The second keynote struck a different note. This presenter focused on where LLMs work and how to make them work better. LLMs deal well with ambiguity because they fill in any knowledge gaps based on a learning set. They summarise information across many sources, demonstrating perhaps limited intelligence but with a lot of knowledge. For something like programming, it’s more efficient cognitively to ask an LLM to provide a first draft and then correct the answer. But LLMs can't make long range decisions, and acquiring context is hard.
This keynote concluded that humans won't be replaced by LLMs any time soon. Artificial Intelligence, at least in its LLM form is just another tool. It can't solve social problems or reliably identify human emotions. Humans are still better at exposing bias, identifying downstream impacts, responding to change, socio-political nuance and taking context into account. It is particularly relevant for applications using machine learning because all data has biases, and we should continue to be aware of bias in these applications.
While AI systems pose some threats to creative activities, they also have great possibilities to enhance what we can do. In contrast to some of the media coverage around AI systems, the consensus that I heard in this community was that AI presents many opportunities, but the technology is still limited in application and we need more understanding of how to embed AI systems in human-machine teams.
Why this matters for business agilists
This is of interest to business agilists because of the continuing debates in professional and popular media about the use of AI and its possibilities — in particular, about the role of humans in an AI world. Although artificial intelligence has been around for many years, its latest incarnation in machine learning and large language models will impact business in various ways. The debates at ICSE emphasise how these impacts need to be embraced by businesses, but with a clear recognition of their limitations.
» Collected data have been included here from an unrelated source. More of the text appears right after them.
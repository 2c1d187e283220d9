-- ===== src/Http/Body/Chunks.antt =====
-- Bodies in chunks: what a peer sends, and what reading it in any pieces gives.
use deskaone_sdk.Shared.{ℕ, suc, ◌+◌, ◌-◌, ◌≤◌, ◌≡◌, ◌≢◌, refl, ap, ap₂, ◌∙◌, arith, min}
use deskaone_sdk.Shared.{false, List, [], ◌∷◌, ◌++◌, length, take, drop}
use deskaone_sdk.Shared.{none, some, ok, ◌==◌}
use deskaone_sdk.Shared.{take-append_le, drop-append_le, length-drop, length-take}
use deskaone_sdk.Shared.Int.{pos}
use deskaone_sdk.Shared.Text.{text_eq}
use deskaone_sdk.Wire.{Conn, read_some, next_cut, later_cuts}
use deskaone_sdk.Wire.Laws.{read_full_prefix}
use deskaone_sdk.Http.Lines.Reading.{IsPlain, read_http_line-plain}
use deskaone_sdk.Http.Body.{
  ChunkedBodyReader, Outcome, size_text, parse_hex, read_data, behind_data, read_chunked,
  start_chunk, next_chunk, read_raw, of_chunked, chunked,
}

-- A chunk: its size line, without the line's end, and its bytes.
pub record Chunk : Type 0 where
  pub line : List ℕ
  pub bytes : List ℕ

-- The line is plain and gives the number of the bytes, of which there are some.
pub record IsChunk (chunk : Chunk) : Type 0 where
  pub plain : IsPlain chunk.line
  pub size : parse_hex (size_text chunk.line) ≡ some (pos (length chunk.bytes))
  pub nonempty : chunk.bytes ≢ []

-- The chunks as they are sent, with `tail` behind them.
abbrev pub chunks_text : List Chunk → List ℕ → List ℕ
chunks_text [] tail = tail
chunks_text (chunk ∷ chunks) tail =
    chunk.line ++ (b'\r' ∷ b'\n' ∷ (chunk.bytes ++ (b'\r' ∷ b'\n' ∷ chunks_text chunks tail)))

abbrev pub chunks_body : List Chunk → List ℕ
chunks_body [] = []
chunks_body (chunk ∷ chunks) = chunk.bytes ++ chunks_body chunks

-- The input where `rest` of the chunk that is being read is still to come.
abbrev pub pending : List ℕ → List ℕ → List ℕ
pending [] behind = behind
pending (b ∷ rest) behind = (b ∷ rest) ++ (b'\r' ∷ b'\n' ∷ behind)

abbrev pub reader : ℕ → ChunkedBodyReader
reader left = record { current_remaining = left; done = false }

abbrev pub at : Conn → List ℕ → List ℕ → Conn
at c input cuts = record c { input = input; cuts = cuts }

abbrev pub got : List ℕ → Outcome
got bytes = record { bytes = bytes; error = none }

suc-ne_zero : (n : ℕ) → (suc n == 0) ≡ false
suc-ne_zero n = ground arith

module _ (c : Conn) (open' : c.is_closed ≡ false) where
  -- Behind a read that leaves `rest` of the chunk.
  behind-pending :
      (bytes rest behind cuts : List ℕ) (m : ℕ)
      → m ≡ length bytes + length rest
      → behind_data (reader m) (ok bytes, at c (rest ++ (b'\r' ∷ b'\n' ∷ behind)) cuts)
        ≡ (got bytes, reader (length rest), at c (pending rest behind) cuts)
  unfolding text_eq
  behind-pending bytes [] behind cuts m e =
      let d = at c (b'\r' ∷ b'\n' ∷ behind) cuts in
      let zero' : m - length bytes ≡ 0 = omega (arith, e) in
      rw (zero', read_full_prefix (b'\r' ∷ b'\n' ∷ []) behind 2 d open' refl refl) refl
  behind-pending bytes (b ∷ rest) behind cuts m e =
      let more : m - length bytes ≡ suc (length rest) = omega (arith, e) in
      rw (more, suc-ne_zero (length rest)) refl

  next_cut-suc :
      (cuts : List ℕ) (n : ℕ) → (k : ℕ) × (next_cut cuts (suc n) ≡ suc k) × (suc k ≤ suc n)
  next_cut-suc [] n = (n, refl, omega arith)
  next_cut-suc (cut ∷ cuts) n = (min cut n, omega arith, omega arith)

  read_some-cut :
      (m k b : ℕ) (s cuts : List ℕ)
      → next_cut cuts m ≡ suc k
      → read_some m (at c (b ∷ s) cuts)
        ≡ (ok (take (suc k) (b ∷ s)), at c (drop (suc k) (b ∷ s)) (later_cuts cuts))
  unfolding read_some
  read_some-cut m k b s cuts e = rw (open', e) refl

  -- A read inside a chunk takes at least one byte of it, and the delimiter with the last.
  pub read_data-pending :
      (n b : ℕ) (rest behind cuts : List ℕ)
      → (k : ℕ) × (suc k ≤ length (b ∷ rest))
        × (read_data (suc n) (reader (length (b ∷ rest))) (at c (pending (b ∷ rest) behind) cuts)
            ≡ (
              got (take (suc k) (b ∷ rest)),
              reader (length (drop (suc k) (b ∷ rest))),
              at c (pending (drop (suc k) (b ∷ rest)) behind) (later_cuts cuts),
            ))
  unfolding read_data
  read_data-pending n b rest behind cuts =
      let (k, e, le) = next_cut-suc cuts (min n (length rest)) in
      let small : suc k ≤ length (b ∷ rest) = omega (arith, le) in
      let size : min (suc n) (length (b ∷ rest)) ≡ suc (min n (length rest)) = omega arith in
      let all = b ∷ rest in
      let input = b'\r' ∷ b'\n' ∷ behind in
      let cut : next_cut cuts (min (suc n) (length all)) ≡ suc k = ap (next_cut cuts) size ∙ e in
      let sizes : length all ≡ length (take (suc k) all) + length (drop (suc k) all) =
        omega (arith, length-take (suc k) all, length-drop (suc k) all) in
      (
        k,
        small,
        ap (behind_data (reader (length all))) (
              read_some-cut (min (suc n) (length all)) k b (rest ++ input) cuts cut
              ∙ ap₂ (λ x y. (ok x, at c y (later_cuts cuts)))
                  (take-append_le (suc k) all input small) (drop-append_le (suc k) all input small))
            ∙ behind-pending (take (suc k) all) (drop (suc k) all) behind (later_cuts cuts)
                (length all) sizes,
      )

  pub read_chunked-inside :
      (n k : ℕ) (d : Conn) → read_chunked n (reader (suc k)) d ≡ read_data n (reader (suc k)) d
  unfolding read_chunked
  read_chunked-inside n k d = rw (suc-ne_zero k) refl

  -- A read between two chunks takes the size line, and then reads in the chunk.
  pub read_chunked-next :
      (n b : ℕ) (chunk : Chunk) (chunks : List Chunk) (tail cuts rest : List ℕ)
      → IsChunk chunk
      → chunk.bytes ≡ b ∷ rest
      → read_chunked n (reader 0) (at c (chunks_text (chunk ∷ chunks) tail) cuts)
        ≡ read_data n
            (reader (length (b ∷ rest)))
            (at c (pending (b ∷ rest) (chunks_text chunks tail)) cuts)
  unfolding read_chunked
  read_chunked-next n b chunk chunks tail cuts rest h e =
      let behind = chunk.bytes ++ (b'\r' ∷ b'\n' ∷ chunks_text chunks tail) in
      ap (next_chunk n (reader 0)) (
        read_http_line-plain chunk.line behind (at c (chunk.line ++ (b'\r' ∷ b'\n' ∷ behind)) cuts)
          h.plain open' refl)
      ∙ ap (λ o. start_chunk (size_text chunk.line) o n (reader 0) (at c behind cuts)) h.size
      ∙ ap
          (λ s.
            start_chunk (size_text chunk.line) (some (pos (length s))) n (reader 0)
              (at c (s ++ (b'\r' ∷ b'\n' ∷ chunks_text chunks tail)) cuts))
          e

pub read_raw-chunked :
    (n : ℕ) (r : ChunkedBodyReader) (c : Conn)
    → read_raw n (chunked r) c ≡ of_chunked (read_chunked n r c)
unfolding read_raw
read_raw-chunked n r c = refl

pub cons_of_nonempty : (s : List ℕ) → s ≢ [] → (b : ℕ) × (rest : List ℕ) × (s ≡ b ∷ rest)
cons_of_nonempty [] h = absurd (h refl)
cons_of_nonempty (b ∷ rest) h = (b, rest, refl)
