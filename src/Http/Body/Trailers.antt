-- ===== src/Http/Body/Trailers.antt =====
-- The end of a body in chunks: the last chunk with its trailers, or a connection that ends before.
use deskaone_sdk.Shared.{ℕ, zero, suc, ◌<◌, ◌≡◌, ◌≢◌, refl, ap, ◌∙◌, arith}
use deskaone_sdk.Shared.{false, List, [], ◌∷◌, ◌++◌, length, All, length-append}
use deskaone_sdk.Shared.{some, ok, err}
use deskaone_sdk.Shared.Int.{pos}
use deskaone_sdk.Shared.Text.{is_empty_text-nonempty}
use deskaone_sdk.Wire.{Conn, IoError}
use deskaone_sdk.Http.Lines.Reading.{IsPlain, read_http_line-plain, read_http_line-end}
use deskaone_sdk.Http.Body.{
  size_text, parse_hex, read_chunked, start_chunk, next_chunk, read_trailers, end_of_body, at_eof,
}
use deskaone_sdk.Http.Body.Chunks.{reader, at}

-- A trailer: a line that is plain and not empty.
abbrev pub IsTrailer : List ℕ → Type 0
IsTrailer line = IsPlain line × (line ≢ [])

-- The trailers as they are sent, with the empty line and what comes behind it.
abbrev pub trailers_text : List (List ℕ) → List ℕ → List ℕ
trailers_text [] behind = b'\r' ∷ b'\n' ∷ behind
trailers_text (line ∷ lines) behind = line ++ (b'\r' ∷ b'\n' ∷ trailers_text lines behind)

trailers_enough :
    (lines : List (List ℕ)) (behind : List ℕ) → length lines < length (trailers_text lines behind)
trailers_enough [] behind = omega arith
trailers_enough (line ∷ lines) behind = omega (
  arith,
  trailers_enough lines behind,
  length-append line (b'\r' ∷ b'\n' ∷ trailers_text lines behind),
)

module _ (c : Conn) (open' : c.is_closed ≡ false) where
  read_trailers-end :
      (fuel : ℕ) (lines : List (List ℕ)) (behind cuts : List ℕ)
      → All IsTrailer lines
      → length lines < fuel
      → read_trailers fuel (at c (trailers_text lines behind) cuts) ≡ (ok tt, at c behind cuts)
  unfolding read_trailers
  read_trailers-end zero lines behind cuts h enough = absurd (omega arith)
  read_trailers-end (suc fuel) [] behind cuts h enough =
      rw (read_http_line-plain [] behind (at c (b'\r' ∷ b'\n' ∷ behind) cuts) tt open' refl) refl
  read_trailers-end (suc fuel) (line ∷ lines) behind cuts h enough =
      rw
        (
          read_http_line-plain line (trailers_text lines behind)
              (at c (trailers_text (line ∷ lines) behind) cuts) h.0.0 open' refl,
          is_empty_text-nonempty line h.0.1,
        )
        (read_trailers-end fuel lines behind cuts h.1 (omega arith))

  -- The chunk of size zero, with any trailers, ends the body.
  pub read_chunked-last :
      (n : ℕ) (last : List ℕ) (lines : List (List ℕ)) (behind cuts : List ℕ)
      → IsPlain last
      → parse_hex (size_text last) ≡ some (pos 0)
      → All IsTrailer lines
      → (read_chunked n
          (reader 0)
          (at c (last ++ (b'\r' ∷ b'\n' ∷ trailers_text lines behind)) cuts)).0
        ≡ at_eof
  unfolding read_chunked
  read_chunked-last n last lines behind cuts plain size h =
      let text = trailers_text lines behind in
      ap (λ p. (next_chunk n (reader 0) p).0)
        (read_http_line-plain last text (at c (last ++ (b'\r' ∷ b'\n' ∷ text)) cuts) plain open'
          refl)
      ∙ ap (λ o. (start_chunk (size_text last) o n (reader 0) (at c text cuts)).0) size
      ∙ ap (λ p. (end_of_body (reader 0) p).0)
          (read_trailers-end (suc (length text)) lines behind cuts h
            (omega (arith, trailers_enough lines behind)))

  -- A connection that ends in front of a size line ends the body as well.
  pub read_chunked-cut :
      (n : ℕ) (cuts : List ℕ)
      → c.at_end ≡ IoError.eof
      → (read_chunked n (reader 0) (at c [] cuts)).0 ≡ at_eof
  unfolding read_chunked
  read_chunked-cut n cuts e =
      ap (λ p. (next_chunk n (reader 0) p).0) (read_http_line-end (at c [] cuts) open' refl)
      ∙ ap (λ x. (next_chunk n (reader 0) (err x, at c [] cuts)).0) e
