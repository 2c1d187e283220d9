-- ===== src/Http/Client/Bodies.antt =====
-- The body of a response that comes in chunks.
use deskaone_sdk.Shared.{ℕ, zero, suc, ◌≤◌, ◌<◌, ◌≡◌, sym, ap, ◌∙◌, arith}
use deskaone_sdk.Shared.{false, List, [], ◌∷◌, ◌++◌, length, take, drop, All, map_ok}
use deskaone_sdk.Shared.{Option, none, some, Result, ok}
use deskaone_sdk.Shared.{length-append, length-drop, take-append-drop, append_assoc, append-nil}
use deskaone_sdk.Shared.Int.{ℤ, pos}
use deskaone_sdk.Wire.{Conn, IoError, later_cuts}
use deskaone_sdk.Http.{HttpError, HttpResponse}
use deskaone_sdk.Http.Body.{
  ChunkedBodyReader, Outcome, RawBody, chunked, read_chunked, read_data, at_eof, read_all,
  read_more,
}
use deskaone_sdk.Http.Body.Chunks.{
  Chunk, IsChunk, chunks_text, chunks_body, pending, reader, at, got, read_data-pending,
  read_chunked-next, read_chunked-inside, cons_of_nonempty, read_raw-chunked,
}
use deskaone_sdk.Http.Body.{size_text, parse_hex}
use deskaone_sdk.Http.Lines.Reading.{IsPlain}
use deskaone_sdk.Http.Body.Trailers.{IsTrailer, trailers_text, read_chunked-last, read_chunked-cut}
use deskaone_sdk.Http.Exchange.{HttpClient, Outside, Body, HttpStreamResponse}
use deskaone_sdk.Http.Client.{Network, read_limited, read_body, read_response, limit_of}

-- At `tail` a reader that is between two chunks ends, whatever is read.
abbrev pub Ends : Conn → List ℕ → Type 0
Ends c tail = (n : ℕ) (cuts : List ℕ) → (read_chunked n (reader 0) (at c tail cuts)).0 ≡ at_eof

module _ {W D : Type 0} (o : Outside W D) (sizes : ℕ → ℕ) (rounds : ℕ) where
  abbrev pub in_chunks : ChunkedBodyReader → Body D
  in_chunks r = record { raw = chunked r; decoder = none }

  -- The state of the loop of ReadAll, without a limit.
  abbrev state : ChunkedBodyReader → Conn → Option ℕ × (Body D × Conn)
  state r c = (none, (in_chunks r, c))

  abbrev lifted : Outcome × ChunkedBodyReader × Conn → Outcome × (Option ℕ × (Body D × Conn))
  lifted (out, r, c) = (out, state r c)

  read_limited-chunked :
      (n : ℕ) (r : ChunkedBodyReader) (c : Conn)
      → read_limited o sizes rounds n (state r c) ≡ lifted (read_chunked n r c)
  unfolding read_limited read_body
  read_limited-chunked n r c =
      ap
        (λ (p : Outcome × RawBody × Conn).
          (p.0, (none, (record { raw = p.1; decoder = none }, p.2))))
        (read_raw-chunked n r c)

  abbrev loop : ℕ → List ℕ → ChunkedBodyReader → Conn → Result HttpError (List ℕ)
  loop fuel acc r c = (read_all (read_limited o sizes rounds) fuel sizes acc (state r c)).0

  abbrev rest_of :
      ℕ
      → List ℕ
      → Option ℕ × (Body D × Conn)
      → Result HttpError (List ℕ) × (Option ℕ × (Body D × Conn))
  rest_of fuel more s = read_all (read_limited o sizes rounds) fuel sizes more s

  -- A round that ends the body.
  loop-eof :
      (fuel : ℕ) (acc : List ℕ) (r : ChunkedBodyReader) (c : Conn)
      → (read_chunked (suc (sizes fuel)) r c).0 ≡ at_eof
      → loop (suc fuel) acc r c ≡ ok acc
  unfolding read_all
  loop-eof fuel acc r c e =
      let n = suc (sizes fuel) in
      let (out, r', c') = read_chunked n r c in
      ap (λ x. (read_more acc x (rest_of fuel)).0) (read_limited-chunked n r c)
      ∙ ap (λ x. (read_more acc (x, state r' c') (rest_of fuel)).0) e
      ∙ ap ok (append-nil acc)

  -- A round that reads bytes.
  loop-got :
      (fuel : ℕ) (acc bytes : List ℕ) (r r' : ChunkedBodyReader) (c c' : Conn)
      → read_chunked (suc (sizes fuel)) r c ≡ (got bytes, r', c')
      → loop (suc fuel) acc r c ≡ loop fuel (acc ++ bytes) r' c'
  unfolding read_all
  loop-got fuel acc bytes r r' c c' e =
      let n = suc (sizes fuel) in
      ap (λ x. (read_more acc x (rest_of fuel)).0) (read_limited-chunked n r c)
      ∙ ap (λ p. (read_more acc (lifted p) (rest_of fuel)).0) e

  module _ (c : Conn) (open' : c.is_closed ≡ false) (tail : List ℕ) (ends : Ends c tail) where
    -- A round inside a chunk, whichever state it was reached from.
    loop-data :
        (fuel b : ℕ) (rest acc : List ℕ) (chunks : List Chunk) (r : ChunkedBodyReader) (d : Conn)
        (cuts : List ℕ)
        → read_chunked (suc (sizes fuel)) r d
          ≡ read_data
              (suc (sizes fuel))
              (reader (length (b ∷ rest)))
              (at c (pending (b ∷ rest) (chunks_text chunks tail)) cuts)
        → ((more left later : List ℕ)
            → length left ≤ length rest
            → loop fuel
                (acc ++ more)
                (reader (length left))
                (at c (pending left (chunks_text chunks tail)) later)
              ≡ ok ((acc ++ more) ++ (left ++ chunks_body chunks)))
        → loop (suc fuel) acc r d ≡ ok (acc ++ ((b ∷ rest) ++ chunks_body chunks))
    loop-data fuel b rest acc chunks r d cuts e ih =
        let all = b ∷ rest in
        let (k, small, step) =
          read_data-pending c open' (sizes fuel) b rest (chunks_text chunks tail) cuts in
        let front = take (suc k) all in
        let back = drop (suc k) all in
        loop-got fuel acc front r (reader (length back)) d _ (e ∙ step)
        ∙ ih front back (later_cuts cuts) (omega (arith, length-drop (suc k) all))
        ∙ ap ok (
            append_assoc acc front (back ++ chunks_body chunks)
            ∙ ap (λ s. acc ++ s)
                (sym (append_assoc front back (chunks_body chunks))
                  ∙ ap (λ s. s ++ chunks_body chunks) (take-append-drop (suc k) all)))

    loop-chunks :
        (fuel : ℕ) (chunks : List Chunk) (rest acc cuts : List ℕ)
        → All IsChunk chunks
        → length (rest ++ chunks_body chunks) < fuel
        → loop fuel acc (reader (length rest)) (at c (pending rest (chunks_text chunks tail)) cuts)
          ≡ ok (acc ++ (rest ++ chunks_body chunks))
    loop-chunks zero chunks rest acc cuts h enough = absurd (omega arith)
    loop-chunks (suc fuel) chunks (b ∷ rest) acc cuts h enough =
        let d = at c (pending (b ∷ rest) (chunks_text chunks tail)) cuts in
        let total = length-append rest (chunks_body chunks) in
        loop-data fuel b rest acc chunks (reader (length (b ∷ rest))) d cuts
          (read_chunked-inside c open' (suc (sizes fuel)) (length rest) d)
          (λ more left later le.
            loop-chunks fuel chunks left (acc ++ more) later h
              (omega (arith, enough, le, total, length-append left (chunks_body chunks))))
    loop-chunks (suc fuel) [] [] acc cuts h enough =
        loop-eof fuel acc (reader 0) (at c tail cuts) (ends (suc (sizes fuel)) cuts)
        ∙ ap ok (sym (append-nil acc))
    loop-chunks (suc fuel) (chunk ∷ chunks) [] acc cuts h enough =
        let (b, rest, e) = cons_of_nonempty chunk.bytes h.0.nonempty in
        let d = at c (chunks_text (chunk ∷ chunks) tail) cuts in
        let total = length-append chunk.bytes (chunks_body chunks) in
        let size = ap (λ (s : List ℕ). length s) e in
        loop-data fuel b rest acc chunks (reader 0) d cuts
          (read_chunked-next c open' (suc (sizes fuel)) b chunk chunks tail cuts rest h.0 e)
          (λ more left later le.
            loop-chunks fuel chunks left (acc ++ more) later h.1
              (omega (arith, enough, le, total, size, length-append left (chunks_body chunks))))
        ∙ ap (λ s. ok (acc ++ (s ++ chunks_body chunks))) (sym e)

    -- What reading the body to its end gives.
    response-chunks :
        (client : HttpClient) (res : HttpStreamResponse D) (net : Network W) (chunks : List Chunk)
        → client.max_body_size ≡ pos 0
        → res.body ≡ in_chunks (reader 0)
        → res.client.conn ≡ record c { input = chunks_text chunks tail }
        → All IsChunk chunks
        → length (chunks_body chunks) < rounds
        → (read_response o sizes rounds client res net).0
          ≡ ok (record {
            status_code = res.status_code;
            status = res.status;
            headers = res.headers;
            body = chunks_body chunks;
          })
    unfolding read_response
    response-chunks client res net chunks limit body conn h enough =
        let loop_of = λ (m : ℤ) (b : Body D) (d : Conn).
          (read_all (read_limited o sizes rounds) rounds sizes []
            (limit_of o sizes rounds m, (b, d))).0 in
        let respond = λ (r : Result HttpError (List ℕ)).
          map_ok
            (λ bytes.
              let response : HttpResponse = record {
                status_code = res.status_code;
                status = res.status;
                headers = res.headers;
                body = bytes;
              } in
              response)
            r in
        ap (λ m. respond (loop_of m res.body res.client.conn)) limit
        ∙ ap (λ b. respond (loop_of (pos 0) b res.client.conn)) body
        ∙ ap (λ d. respond (loop_of (pos 0) (in_chunks (reader 0)) d)) conn
        ∙ ap respond (loop-chunks rounds chunks [] [] c.cuts h enough)

  -- What a client without a limit returns for an answer with the chunks `chunks`.
  abbrev pub Returns : HttpClient → HttpStreamResponse D → Network W → List ℕ → Type 0
  Returns client res net bytes =
      (read_response o sizes rounds client res net).0
      ≡ ok (record {
        status_code = res.status_code;
        status = res.status;
        headers = res.headers;
        body = bytes;
      })

  -- An answer in chunks is returned with exactly the bytes of its chunks, in their order, whatever the
  -- sizes of the buffers and in whatever pieces the connection delivers it; extensions of size lines,
  -- trailers and bytes behind the body do not show. The client has no limit, the connection is open,
  -- and the reads that ReadAll is given are more than the body has bytes.
  pub read_response-chunks :
      (client : HttpClient) (res : HttpStreamResponse D) (net : Network W) (chunks : List Chunk)
      (last behind : List ℕ) (trailers : List (List ℕ))
      → client.max_body_size ≡ pos 0
      → res.body ≡ in_chunks (reader 0)
      → res.client.conn.is_closed ≡ false
      → res.client.conn.input
        ≡ chunks_text chunks (last ++ (b'\r' ∷ b'\n' ∷ trailers_text trailers behind))
      → All IsChunk chunks
      → IsPlain last
      → parse_hex (size_text last) ≡ some (pos 0)
      → All IsTrailer trailers
      → length (chunks_body chunks) < rounds
      → Returns client res net (chunks_body chunks)
  read_response-chunks client res net chunks last behind trailers limit body open' input h plain
        size t enough =
      let c = res.client.conn in
      response-chunks c open' (last ++ (b'\r' ∷ b'\n' ∷ trailers_text trailers behind))
        (λ n cuts. read_chunked-last c open' n last trailers behind cuts plain size t) client res
        net chunks limit body (ap (λ s. record c { input = s }) input) h enough

  -- Where the connection ends between two chunks, in front of the size line of the next, the answer is
  -- returned without an error, as if the chunks that came were all. The client has no limit, the
  -- connection is open, and the reads that ReadAll is given are more than the bytes that came.
  pub read_response_truncated :
      (client : HttpClient) (res : HttpStreamResponse D) (net : Network W) (chunks : List Chunk)
      → client.max_body_size ≡ pos 0
      → res.body ≡ in_chunks (reader 0)
      → res.client.conn.is_closed ≡ false
      → res.client.conn.at_end ≡ IoError.eof
      → res.client.conn.input ≡ chunks_text chunks []
      → All IsChunk chunks
      → length (chunks_body chunks) < rounds
      → Returns client res net (chunks_body chunks)
  read_response_truncated client res net chunks limit body open' end input h enough =
      let c = res.client.conn in
      response-chunks c open' [] (λ n cuts. read_chunked-cut c open' n cuts end) client res net
        chunks limit body (ap (λ s. record c { input = s }) input) h enough
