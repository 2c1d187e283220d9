-- ===== src/Http/Lines/Block.antt =====
-- Header lines up to the empty line, as they are read.
use deskaone_sdk.Shared.{ℕ, zero, suc, ◌≤◌, ◌≡◌, refl, ap, arith, length-append}
use deskaone_sdk.Shared.{false, List, [], ◌∷◌, ◌++◌, All, length, ok}
use deskaone_sdk.Shared.Text.{is_empty_text}
use deskaone_sdk.Wire.{Conn}
use deskaone_sdk.Http.{Headers}
use deskaone_sdk.Http.Lines.{read_header_lines, read_http_headers, header_line}
use deskaone_sdk.Http.Lines.Reading.{IsPlain, read_http_line-plain}

abbrev pub IsHeaderLine : List ℕ → Type 0
IsHeaderLine line = IsPlain line × (is_empty_text line ≡ false)

-- Each line with its CRLF, then the empty line, then `rest`.
abbrev pub block : List (List ℕ) → List ℕ → List ℕ
block [] rest = b'\r' ∷ b'\n' ∷ rest
block (line ∷ lines) rest = line ++ (b'\r' ∷ b'\n' ∷ block lines rest)

abbrev pub add_lines : List (List ℕ) → Headers → Headers
add_lines [] headers = headers
add_lines (line ∷ lines) headers = add_lines lines (header_line line headers)

length-block : (lines : List (List ℕ)) (rest : List ℕ) → length lines ≤ length (block lines rest)
length-block [] rest = omega arith
length-block (line ∷ lines) rest =
    omega (arith, length-block lines rest, length-append line (b'\r' ∷ b'\n' ∷ block lines rest))

read_header_lines-block :
    (lines : List (List ℕ)) (rest : List ℕ) (fuel : ℕ) (headers : Headers) (c : Conn)
    → All IsHeaderLine lines
    → length lines ≤ fuel
    → c.is_closed ≡ false
    → c.input ≡ block lines rest
    → read_header_lines (suc fuel) headers c
      ≡ (ok (add_lines lines headers), record c { input = rest })
unfolding read_header_lines
read_header_lines-block [] rest fuel headers c all le open' e =
    rw (read_http_line-plain [] rest c tt open' e) refl
read_header_lines-block (line ∷ lines) rest zero headers c all le open' e = ground (arith, le)
read_header_lines-block (line ∷ lines) rest (suc fuel) headers c all le open' e =
    rw (read_http_line-plain line (block lines rest) c (all.0.0) open' e, all.0.1)
      (read_header_lines-block lines rest fuel (header_line line headers)
        (record c { input = block lines rest }) (all.1) (omega (arith, le)) open' refl)

pub read_http_headers-block :
    (lines : List (List ℕ)) (rest : List ℕ) (c : Conn)
    → All IsHeaderLine lines
    → c.is_closed ≡ false
    → c.input ≡ block lines rest
    → read_http_headers c ≡ (ok (add_lines lines []), record c { input = rest })
unfolding read_http_headers
read_http_headers-block lines rest c all open' e =
    read_header_lines-block lines rest (length c.input) [] c all
      (omega (arith, ap length e, length-block lines rest)) open' e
AI systems such as LLMs are here to stay and are evolving rapidly. Copilot, for example, is already used by many software developers and ChatGPT has sparked a range of reactions in the creative industries and in radio and television programmes. Their presence will affect how work is done, what capabilities are needed and how products are designed and deployed. Apart from the big questions of trust and automation raised above, there are several other areas that agilists need to be prepared to face if AI systems become part of everyday practices, both technical and organisational, including:
-
What would be the impact on our everyday processes (scrums, retrospectives), and job roles (Scrum masters) etc?
-
What would it mean for the financial liability of companies if the systems fail, for example? If the code was written, debugged, or revised by an LLM who is accountable? What if you fire a human software developer for LLM mistakes and are taken to court?
-
The keynotes highlight the role of the human-in-the-loop (HITL). This could become crucial to an organisation’s strategies for recruiting and retaining staff, requiring a significant cultural change in existing agile practices across the organisational functions (not just IT or software development).
-
How do business agilists assess themselves as the humans in the loop for this LLM-driven future? Are you ready for this change? What do you and your organisations need to do to be ready for it?